A shot in the arm: Swetha Sivakumar writes on the penicillin pushers
They’re in our omelettes and stir-fries, on our grocery lists.
We don’t often think of fungi in pharma, but that is, of course, where penicillin comes from.
The antibiotic substance earned three of its discoverers — Alexander Fleming, Howard Florey and Ernst Boris Chain — the 1945 Nobel in Medicine. But I want to tell you the fascinating story of why that list should have been longer. (When will the Nobel committee do away with this unfair rule of threes?)
It all began, as we know, with Fleming, a Scottish bacteriologist working at St Mary’s Hospital in London. He ran a lab there that was famously messy. He even used the mess to create art. He carefully arranged different bacterial species in petri dishes, then left for the day or weekend and returned excited to see the colourful designs they had formed.
This was in the 1920s. At one point, he returned from a vacation to this riotous lab to find that some petri dishes he’d left unwashed now housed a blue-green fungal mold. And, he noticed, there were no bacterial colonies around this mold.
The green stuff, he realised, had anti-bacterial properties.
Excited, he wrote up a paper and published his findings, in 1929. The paper went largely unnoticed. Fleming wasn’t a great speaker or writer. Aside from which, he was still struggling to isolate pure penicillin from the mold, because it was so unstable and broke down so quickly.
Those who did learn of his discovery dismissed the green stuff as an interesting yet impractical substance.
The world moved on. As for Fleming, this, in fact, is where his role ended.

A decade later, in 1939, Howard Florey, an Australian pathologist at Oxford University, applied for funding for penicillin research. He too would struggle to isolate the substance without destroying the mold.
A team led by him and the English biochemist Norman Heatley did eventually manage to isolate enough to begin animal and human trials. A researcher on this team, the German-British Ernst Boris Chain discovered exactly how penicillin worked: killing bacteria by breaking down their cell walls, and preventing them from building new ones.
Soon after, the world’s first penicillin shot was administered to a patient: an Oxford policeman Albert Alexander who had developed a severe infection after scratching his eye while gardening.
A day after Alexander received his first dose, of 200 mg, his condition improved dramatically. But he had been prescribed small doses every three hours, and the drug still wasn’t easy to produce. The limited supply ran out, and he eventually died a few weeks later (as he would have without the drug, and as so many did before it was discovered).

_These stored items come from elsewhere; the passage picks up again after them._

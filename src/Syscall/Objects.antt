-- ===== src/Syscall/Objects.antt =====
-- The system calls on handles but reading and writing.
use Prim.Native.Nat.{bit_and, bit_or}
use nyxis_os.Base.{
  ℕ, ◌+◌, ◌-◌, ◌%◌, ◌^◌, not, ◌||◌, none, some, List, [], ◌++◌, replicate, ltb, ◌==◌, if◌then◌else◌,
}
use nyxis_os.Base.Bytes.{bytes_of}
use nyxis_os.Base.Status.{Result, ok, err, invalid_arg, unsupported, overflow, not_initialized}
use nyxis_os.Base.Effect.{Eff, ◌>>=◌, ◌>>◌, return, lift, fail_if, modify, on_error}
use nyxis_os.Vfs.Handle.{FileHandle}
use nyxis_os.Handles.{
  Table, Slot, handle_console, handle_file, right_read, right_write, right_seek, right_stat,
  right_dup, right_all, nx_handle_alloc, nx_handle_lookup, nx_handle_discard, nx_handle_close,
  set_console_fd,
}
use nyxis_os.Umem.{ℤ, pos, negsuc}
use nyxis_os.Syscall.State.{
  Kernel, Calls, cur_handles, put_table, on_fs, find_slot, set_file, put_file, to_user, string_arg,
}

-- `NX_O_READ`, `NX_O_WRITE` and `NX_O_MASK`
abbrev pub o_read : ℕ
o_read = 1

abbrev pub o_write : ℕ
o_write = 2

abbrev pub o_mask : ℕ
o_mask = 3

-- `NX_PATH_MAX`
abbrev pub path_max : ℕ
path_max = 256

-- `NX_TYPE_FILE` and so on
abbrev pub type_file : ℕ
type_file = 1

abbrev pub type_dir : ℕ
type_dir = 2

abbrev pub type_console : ℕ
type_console = 3

-- `a & ~mask`
abbrev pub outside : ℕ → ℕ → ℕ
outside a mask = bit_and a (2 ^ 64 - 1 - mask)

-- The rights of a file that is opened with these flags.
unfoldable pub rights_of : ℕ → ℕ
rights_of flags =
    let base = bit_or (bit_or right_seek right_stat) right_dup in
    let read = if bit_and flags o_read == 0 then base else bit_or base right_read in
    if bit_and flags o_write == 0 then read else bit_or read right_write

-- A u64 as an i64.
unfoldable pub to_i64 : ℕ → ℤ
to_i64 n = if ltb n (2 ^ 63) then pos n else negsuc (2 ^ 64 - 1 - n)

-- The bound on both sides of a seek.
abbrev pub seek_max : ℕ
seek_max = 0x3fffffffffffffff

-- The checks on the offset, and the target.
unfoldable pub seek_target : ℕ → ℤ → Result ℕ
seek_target base (pos n) = if ltb seek_max n then err invalid_arg else ok (base + n)
seek_target base (negsuc n) =
    if ltb seek_max (n + 1)
    then err invalid_arg
    else if ltb base (n + 1)
    then err invalid_arg
    else ok (base - (n + 1))

module _ {M Fs : Type 0} (m : Calls M Fs) where
  abbrev pub close_file : FileHandle → Kernel M Fs → Kernel M Fs
  close_file file k = record k { fs = m.vfs_close file k.fs }

  -- The write of no bytes that asks whether the file system can write.
  unfoldable pub probe : FileHandle → Eff (Kernel M Fs) FileHandle
  probe file k =
      let r = m.vfs_write file [] k.fs in
      elim r.0 [
        | err e ↦ (err e, record k { fs = m.vfs_close r.1 r.2 })
        | ok n ↦ (ok r.1, record k { fs = r.2 })
      ]

  unfoldable pub sys_open : ℕ → ℕ → Eff (Kernel M Fs) ℕ
  unfolding probe rights_of string_arg
  sys_open path_addr flags = do
    t ← cur_handles
    fail_if (not (outside flags o_mask == 0) || flags == 0) invalid_arg
    path ← string_arg m path_addr path_max
    opened ← on_fs (m.vfs_open path (flags % 2 ^ 32))
    file ← if bit_and flags o_write == 0 then return opened else probe opened
    r ← on_error (close_file file) (lift (nx_handle_alloc t handle_file (rights_of flags)))
    modify (put_table (set_file r.0 r.2 file))
    return r.1

  unfoldable pub sys_close : ℕ → Eff (Kernel M Fs) ℕ
  sys_close handle k = elim k.current [
    | none ↦ (err not_initialized, k)
    | some p ↦ elim (nx_handle_close m.vfs_close p.handles handle k.fs) [
      | err e ↦ (err e, k)
      | ok r ↦ (ok 0, put_table r.0 (record k { fs = r.1 }))
    ]
  ]

  -- The base of a seek.
  unfoldable pub seek_base : ℕ → FileHandle → Eff (Kernel M Fs) ℕ
  seek_base whence file =
      if whence == 0
      then return 0
      else if whence == 1
      then return file.offset
      else if whence == 2
      then (on_fs (m.vfs_fstat file) >>= λ st. return st.size)
      else lift (err invalid_arg)

  -- A base below 0 as an i64 is above the bound as a u64.
  unfoldable pub sys_seek : ℕ → ℕ → ℕ → Eff (Kernel M Fs) ℕ
  unfolding find_slot seek_base to_i64 seek_target set_file
  sys_seek handle offset whence = do
    found ← find_slot handle right_seek
    fail_if (not (found.1.kind == handle_file)) unsupported
    base ← seek_base whence found.1.file
    fail_if (ltb seek_max base) overflow
    target ← lift (seek_target base (to_i64 offset))
    modify (put_file found.0 (record found.1.file { offset = target }))
    return target

  -- The bytes of a `struct nx_stat`.
  abbrev pub stat_bytes : ℕ → ℕ → ℕ → List ℕ
  stat_bytes size kind rights =
      bytes_of 8 size ++ (bytes_of 4 kind ++ (bytes_of 4 rights ++ replicate 16 0))

  unfoldable pub file_stat : FileHandle → ℕ → Eff (Kernel M Fs) (List ℕ)
  file_stat file rights = do
    st ← on_fs (m.vfs_fstat file)
    return (stat_bytes st.size (if st.kind == 2 then type_dir else type_file) rights)

  unfoldable pub sys_stat : ℕ → ℕ → Eff (Kernel M Fs) ℕ
  unfolding find_slot file_stat
  sys_stat handle out = do
    found ← find_slot handle right_stat
    bytes ←
        if found.1.kind == handle_console
        then return (stat_bytes 0 type_console found.1.rights)
        else file_stat found.1.file found.1.rights
    to_user m out bytes
    return 0

  -- What a duplicate takes over from its slot; `t` is the table with the new slot `j`.
  unfoldable pub fill_dup : Table → ℕ → Slot → Eff (Kernel M Fs) (Unit {0})
  unfolding set_file set_console_fd nx_handle_discard
  fill_dup t j s =
      if s.kind == handle_console
      then modify (put_table (set_console_fd t j s.console_fd))
      else (on_error (put_table (nx_handle_discard t j)) (on_fs (m.vfs_reopen s.file)) >>= λ file.
          modify (put_table (set_file t j file)))

  unfoldable pub sys_duplicate_handle : ℕ → ℕ → Eff (Kernel M Fs) ℕ
  unfolding fill_dup nx_handle_lookup nx_handle_alloc
  sys_duplicate_handle handle mask = do
    t ← cur_handles
    fail_if (not (outside mask right_all == 0)) invalid_arg
    found ← lift (nx_handle_lookup t handle right_dup)
    r ← lift (nx_handle_alloc t found.1.kind (bit_and found.1.rights (mask % 2 ^ 32)))
    fill_dup r.0 r.2 found.1
    return r.1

Today, hardy molds are grown in bulk, in fermentation tanks, and the fluid culture is used to make antibiotics. Back then, amid the war, despite the lives it could save in battle, Florey was unable to get anyone to help him mass-produce the drug.
Tired of waiting, he eventually decided to try his luck in the US, where resources were less strained. But in order to mass-produce, he needed a powerful strain that multiplied quickly, and he didn’t have one.

The US Department of Agriculture (USDA) offered to help. This is where it gets really interesting.
The penicillin most of the world uses today can be traced to early efforts with Penicillium chrysogenum, which was discovered by USDA researcher Mary Hunt (nicknamed Moldy Mary), in 1943.
She was part of the USDA team that was hunting everywhere for penicillin Florey could use. Researchers had even asked the US Army to fly soil samples home from wherever in the world they were posted. Mary, as part of her research, scoured local produce markets, salvaging moldy fruits and vegetables for the lab. It was during one such excursion that she found a hardy new strain, growing on a cantaloupe.
Penicillium chrysogenum yielded much more pure penicillin per gm than anything that had been tried before. Within three years, American production went from zero to 100 billion units a month (a unit of penicillin is 0.6 microgrammes). By 1951, production soared to 25 trillion to 30 trillion units a month.
Today, penicillin is just one of hundreds of antibiotic compounds used to battle infections in humans and animals. Its development remains one of the greatest success stories in medicine.
Yet, even in his Nobel Prize acceptance speech, Fleming had warned that improper use could render it ineffective. He warned that overprescribing it, using it for the wrong reasons, or not using enough could lead to bacteria developing resistance too.
The term “antibiotic resistance”, in fact, is almost as old as penicillin itself.
Escalating levels of such resistance are now considered an urgent public health threat. For so many reasons, watch what you put in your mouth.